1. Winthrop’s cost of living is 50% than the national average

Because it is virtually a part of Boston, Winthrop also has Boston’s exorbitant cost of living—50% higher than the national average—and everything else that comes with it. The average home in Winthrop costs about $627,510, which is significantly more than the average price of a property in the USA. 

Your grocery bill, utility bills, and transportation costs will all go up if you decide to relocate to Winthrop. On average, you should expect to pay $2,750 a month for an apartment, so renting here won’t be cheap.

2. The Winthrop School District serves the city

The Winthrop School District, with its four schools and around 2,000 pupils, is mainly responsible for providing education to the residents of Winthrop. Being so close to Boston also means that residents could potentially have access to various educational opportunities. 

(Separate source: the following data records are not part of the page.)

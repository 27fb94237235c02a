-- ===== src/Security/AuditExamples.antt =====
-- Two audits of one device, for the theorems about comparisons.
use net_ops_guard.Prelude.{
  ℕ, String, none, some, Bool, true, List, [], ◌∷◌, ◌≡◌, refl, leb, All, any,
}
use net_ops_guard.Prelude.Result.{ok}
use net_ops_guard.Security.Assessments.{
  Observation, pass, fail, AuditFinding, FindingKey, RunStatus, Assessment, Evidence,
  evidence_differs, finite, flag, text, items, number, finding_key, same_key,
}
use net_ops_guard.Security.Comparison.{
  Item, indeterminate, compare, loss, gain, score_comparison, validate_pair, grouped,
}
use net_ops_guard.Security.Comparison.Remediation.{
  IsConfirmed, compare-IsConfirmed, compare-indeterminate,
}
use net_ops_guard.Security.Comparison.Coverage.{compare_covers}
use net_ops_guard.Security.Assessments.Sound.{IsSound}

-- Every text is its own hash and its own identifier.
abbrev plain : Evidence
plain = record {
  canonical_uuid = λ s. some s;
  is_digest = λ s. true;
  config_hash = λ s. s;
  findings_digest = λ fs. "findings";
}

abbrev telnet : ℕ → Observation → AuditFinding
telnet id status = record {
  id = id;
  domain = some "management";
  check_id = some "MGMT-001";
  interface_name = none;
  correlation_id = none;
  status = status;
}

abbrev audit : ℕ → String → ℕ → Observation → Assessment
audit id raw score status = record {
  run = record {
    id = id;
    device_id = some "d1";
    status = RunStatus.completed;
    config_snapshot_hash = some "cfg";
    raw_config = some raw;
    overall_score = some (finite score);
    started_at = id;
  };
  findings = telnet id status ∷ [];
  provenance = some (record {
    device_identity = some "d1";
    manifest = record {
      format = number (finite 10);
      engine = text "e1";
      policy = text "p1";
      scope = items (some "Gi0/1" ∷ []);
      config_hash = text "cfg";
      findings_hash = text "findings";
      score = number (finite score);
      complete = flag true;
      reasons = items [];
    };
  });
}

abbrev before : Assessment
before = audit 1 "cfg" 800 fail

abbrev after : Assessment
after = audit 2 "cfg" 1000 pass

-- The configuration of this audit is not the one that its manifest records.
abbrev tampered : Assessment
tampered = audit 3 "other" 1000 pass

abbrev any_key : FindingKey → FindingKey → Bool
any_key a b = true

abbrev by_id : AuditFinding → AuditFinding → Bool
by_id a b = leb a.id b.id

abbrev reported : List Item
reported =
    (record {
      category = net_ops_guard.Security.Comparison.resolved;
      reason = net_ops_guard.Security.Comparison.explicit_pass;
      key = finding_key (telnet 1 fail);
      previous = telnet 1 fail ∷ [];
      current = telnet 2 pass ∷ [];
    })
    ∷ []

compared : compare plain any_key by_id before after ≡ ok reported
unfolding compare
compared = refl

compare-IsConfirmed_example : All (IsConfirmed plain any_key by_id before after) reported
compare-IsConfirmed_example = compare-IsConfirmed plain any_key by_id before after reported compared

abbrev unconfirmed : List Item
unconfirmed =
    (record {
      category = indeterminate;
      reason = net_ops_guard.Security.Comparison.because evidence_differs;
      key = finding_key (telnet 1 fail);
      previous = telnet 1 fail ∷ [];
      current = telnet 3 pass ∷ [];
    })
    ∷ []

compared_tampered : compare plain any_key by_id before tampered ≡ ok unconfirmed
unfolding compare
compared_tampered = refl

tampered_not-IsSound : ¬ IsSound plain tampered
tampered_not-IsSound sound =
    let raw : "other" ≡ sound.raw = cc sound.recorded in
    let recorded : "cfg" ≡ sound.raw = cc sound.configuration in absurd (cc (raw, recorded))

compare-indeterminate_example : All (λ i. i.category ≡ indeterminate) unconfirmed
compare-indeterminate_example =
    compare-indeterminate plain any_key by_id before tampered unconfirmed tampered_not-IsSound
      compared_tampered

score_gained : score_comparison plain any_key by_id before after ≡ ok (gain 200)
unfolding score_comparison
score_gained = refl

compare_covers_example : any (λ i. same_key i.key (finding_key (telnet 1 fail))) reported ≡ true
compare_covers_example =
    compare_covers plain any_key by_id before after reported [] (after.findings) (telnet 1 fail)
      compared refl refl
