-- ===== src/Security/Findings.antt =====
-- app/security_center/engine/finding.py. The narrative texts of a finding are left out.
use net_ops_guard.Prelude.{ℕ, String, Option, none, some}

pub data Severity : Type 0 where
  critical high medium low info : Severity

unfoldable pub severity_rank : Severity → ℕ
severity_rank critical = 0
severity_rank high = 1
severity_rank medium = 2
severity_rank low = 3
severity_rank info = 4

unfoldable pub severity_weight : Severity → ℕ
severity_weight critical = 12
severity_weight high = 7
severity_weight medium = 3
severity_weight low = 1
severity_weight info = 0

pub data Status : Type 0 where
  pass fail na manual warn : Status

pub record Finding : Type 0 where
  pub check_id : String
  pub domain : String
  pub status : Status
  pub severity : Severity
  pub true_severity : Severity
  pub interface_name : Option String

-- `__post_init__`: a true severity that is not given is the severity.
abbrev true_severity_or : Option Severity → Severity → Severity
true_severity_or none severity = severity
true_severity_or (some true_severity) severity = true_severity

-- The constructor of the dataclass.
unfoldable pub new_finding :
    String → String → Status → Severity → Option Severity → Option String → Finding
new_finding check_id domain status severity true_severity interface_name = record {
  check_id = check_id;
  domain = domain;
  status = status;
  severity = severity;
  true_severity = true_severity_or true_severity severity;
  interface_name = interface_name;
}

-- The severity that `F` shows.
abbrev downgrade : Status → Severity → Severity
downgrade pass severity = info
downgrade na severity = info
downgrade _ severity = severity

-- `F`, the constructor of the device-level checks.
unfoldable pub device_finding : String → String → Status → Severity → Option String → Finding
unfolding new_finding
device_finding check_id domain status severity interface_name =
    new_finding check_id domain status (downgrade status severity) (some severity) interface_name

Winningthrop High, Winthrop Middle, and Arthur T. Cummings Elementary are all excellent neighborhood schools. You can be certain that your child will thrive in Winthrop!

3. Winters are harsh while summers are pleasant

The weather in Winthrop is very similar to that of Boston, which is not surprising given that the two cities are so close together across the ocean. In most years, winters bring heavy snowfall, torrential downpours, and biting ocean winds, while summers are mild and pleasant. 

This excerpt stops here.